Information Governance and Stakeholders: Taking the Complexity Out of Getting Started

By Matthew Bernstein, Bernstein Data

Many Information Governance (IG) projects (sometimes even an entire IG “Program” or function!) are initiated when senior management realizes that a specific “issue” requires an urgent and vigorous response. The issue could be an audit finding, a regulatory enforcement action, the advent of new regulations, or an enterprise cost strategy, to name just a few.

For the business leader or project manager charged with sponsoring or leading the project, it can be difficult to balance gaining the support of senior management (that we always hear is vital to success) with gaining agreement on what to do and how to do it. How do you overcome the governance delays of “It’s too a big an issue and we need multiple stakeholders’ input” while mitigating the execution risk that comes with “We’ve just got to get started on this project”?

As with governance of any large project, the answer is to break it down into comprehensible components that can be quickly grasped and approved by individuals with limited knowledge and time to review the issues. Start by addressing three critical project planning pitfalls that can derail the long-term success of an IG project. If these are clarified early on, projects can “get started” and create the early wins that build credibility and momentum.

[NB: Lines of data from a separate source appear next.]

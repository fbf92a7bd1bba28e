-- ===== src/EibNetIp/RoundTrip/Search.antt =====
-- The search for devices: ToPacket, then the parser.
use bcusdk.Base.{
  Bool, List, [], ap, arith, at, drop, false, if◌then◌else◌, length, length-append, ltb, not, refl,
  some, sym, take, ℕ, ◌%◌, ◌++◌, ◌+◌, ◌==◌, ◌∙◌, ◌≡◌,
}
use bcusdk.EibNetIp.{
  Description, Parsed, SockAddr, eibnet_to_ip, ip_to_eibnetip, oversized, parsed, refused,
  search_request, search_response, sent,
}
use bcusdk.EibNetIp.Address.{IsSockAddr, address_back, read_address, read_nat}
use bcusdk.EibNetIp.Discovery.{
  closed_name, loop_rounds, parse_search_request, parse_search_response, read_description,
  read_services, resize_argument, search_request_packet, search_response_packet, service_block,
  service_bytes,
}
use bcusdk.EibNetIp.Parts.{address-drop, address-length, address-take}
use bcusdk.EibNetIp.RoundTrip.Connect.{from}
use bcusdk.EibNetIp.RoundTrip.Fields.{
  IsDescription, IsFound, assembled, at_of_drop, block_tests, described, description_read,
  fields_read, services_found, written-IsFound,
}
use mathlib.Core.List.{append-nil}

pub search_request_back :
    (caddr src : SockAddr) (nat : Bool)
    → IsSockAddr caddr
    → parse_search_request (from src (search_request_packet caddr nat))
      ≡ parsed (search_request (read_address src caddr nat) (read_nat caddr nat false))
unfolding parse_search_request search_request_packet
search_request_back caddr src nat w =
    rw (address-length caddr nat, address_back caddr src nat false w) refl

-- What the parser of a search response does behind the address.
abbrev behind_address : ℕ → SockAddr → Bool → List ℕ → Parsed
behind_address size caddr nat c =
    if ltb size 64
    then refused
    else if not (at c 55 == 2)
    then refused
    else if not (at c 54 % 2 == 0)
    then refused
    else if ltb size (at c 54 + 62)
    then refused
    else if resize_argument (at c 54) == loop_rounds (at c 54)
    then parsed (
        search_response (read_description c (read_services (loop_rounds (at c 54)) (drop 56 c)))
          caddr nat)
    else oversized (resize_argument (at c 54))

search_by :
    (content : List ℕ) (src caddr : SockAddr) (nat : Bool)
    → eibnet_to_ip (take 8 content) src false ≡ some (caddr, nat)
    → at (drop 8 content) 0 ≡ 54
    → at (drop 8 content) 1 ≡ 1
    → parse_search_response (from src (sent 0x0202 content))
      ≡ behind_address (length content) caddr nat (drop 8 content)
unfolding parse_search_response
search_by content src caddr nat e h k = rw (e, h, k) refl

search_parsed :
    (d : Description) (caddr src : SockAddr) (nat : Bool) (serial t : List ℕ)
    → IsDescription d
    → IsSockAddr caddr
    → IsFound d serial t []
    → parse_search_response (from src (sent 0x0202 (ip_to_eibnetip caddr nat ++ described d t)))
      ≡ parsed (
          search_response
            (description_read d serial)
            (read_address src caddr nat)
            (read_nat caddr nat false))
search_parsed d caddr src nat serial t w v f =
    let block = at_of_drop 46 t _ _ f.rest in
    let mark = at_of_drop 47 t _ _ block.1 in
    let few = w.few in
    let size = f.size in
    let bytes = (services_found d.services [] w.few).0 in
    let content = ip_to_eibnetip caddr nat ++ described d t in
    let whole = length-append (ip_to_eibnetip caddr nat) (described d t) in
    let eight = address-length caddr nat in
    let rest = address-drop caddr nat (described d t) in
    let a = read_address src caddr nat in
    let n = read_nat caddr nat false in
    let long : 56 + length (service_bytes d.services ++ []) + 8 ≡ length content =
      omega (arith, size, whole, eight) in
    search_by content src a n
      (ap (λ l. eibnet_to_ip l src false) (address-take caddr nat (described d t))
        ∙ address_back caddr src nat false v)
      (ap (λ l. at l 0) rest) (ap (λ l. at l 1) rest)
    ∙ ap (behind_address (length content) a n) rest
    ∙ block_tests 64 62 (length content) (at t 47) (at t 46) _ (omega (arith, long)) mark.0
        (omega (arith, block.0)) (omega (arith, block.0, long, bytes)) (omega (arith, block.0))
        (omega (arith, block.0))
    ∙ ap (λ r. parsed (search_response r a n)) (fields_read d serial t [] w f)

pub search_response_back :
    (d : Description) (caddr src : SockAddr) (nat : Bool)
    → IsDescription d
    → IsSockAddr caddr
    → parse_search_response (from src (search_response_packet d caddr nat))
      ≡ parsed (
          search_response
            (description_read d d.serial)
            (read_address src caddr nat)
            (read_nat caddr nat false))
unfolding search_response_packet
search_response_back d caddr src nat w v =
    let block = service_block d.services in
    let joined =
      assembled d.serial d.multicastaddr d.mac (closed_name d.name) block
      ∙ ap (λ b. d.serial ++ (d.multicastaddr ++ (d.mac ++ (closed_name d.name ++ b))))
          (sym (append-nil block)) in
    ap
      (λ t.
        parse_search_response (from src (sent 0x0202 (ip_to_eibnetip caddr nat ++ described d t))))
      joined
    ∙ search_parsed d caddr src nat d.serial _ w v (written-IsFound d d.serial [] w w.serials)
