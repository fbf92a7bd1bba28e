-- ===== src/EibNetIp/RoundTrip/Tunnel.antt =====
-- The messages that carry frames, and all acknowledgements: ToPacket, then the parser.
use bcusdk.Base.{List, arith, length, ℕ, ◌≡◌, ◌≤◌}
use bcusdk.EibNetIp.{SockAddr, config_request, parsed, tunnel_request}
use bcusdk.EibNetIp.RoundTrip.Connect.{from}
use bcusdk.EibNetIp.Tunnel.{
  config_request_packet, parse_config_request, parse_tunnel_request, tunnel_request_packet,
}

pub tunnel_request_back :
    (channel seqno : ℕ) (cemi : List ℕ) (src : SockAddr)
    → 2 ≤ length cemi
    → parse_tunnel_request (from src (tunnel_request_packet channel seqno cemi))
      ≡ parsed (tunnel_request channel seqno cemi)
unfolding parse_tunnel_request tunnel_request_packet
tunnel_request_back channel seqno cemi src h = ground arith

pub config_request_back :
    (channel seqno : ℕ) (cemi : List ℕ) (src : SockAddr)
    → 2 ≤ length cemi
    → parse_config_request (from src (config_request_packet channel seqno cemi))
      ≡ parsed (config_request channel seqno cemi)
unfolding parse_config_request config_request_packet
config_request_back channel seqno cemi src h = ground arith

• First, ambiguous objective. Is it risk mitigation, cost reduction, or a business opportunity? Which objective should the project address first to prove its value?
• Second, unfocused effort. What are the timeframes and data priorities that will most effectively achieve the critical objective? Should the timeframe focus be to “stop the bleeding” going forward or remediate legacy systems? Should the data priority be determined by risk, business-unit, region, data store, or data type?
• Third, ‘magic bullet’ obsession. There can be a tendency (especially for senior management!) to assume that only one component of the operating model (people, governance, process, technology) is missing. The urgent pursuit of a “magic bullet” becomes the critical activity, (e.g., a new policy or a new enterprise IT solution), instead of an approach that considers which operating components are actually required for success.

Here is a concrete example of “how to get started” without bogging down in governance or charging ahead with the wrong approach, using Defensible Disposal as the example.

“Defensible Disposal” is of increasing interest to enterprises. This can be both a risk and business objective, as defined below:

• Reduce the amount of data held to decrease processing costs; streamline control processes; and reduce privacy, eDiscovery, and litigation risks and costs by disposing of information no longer required for legal, regulatory, or business purposes.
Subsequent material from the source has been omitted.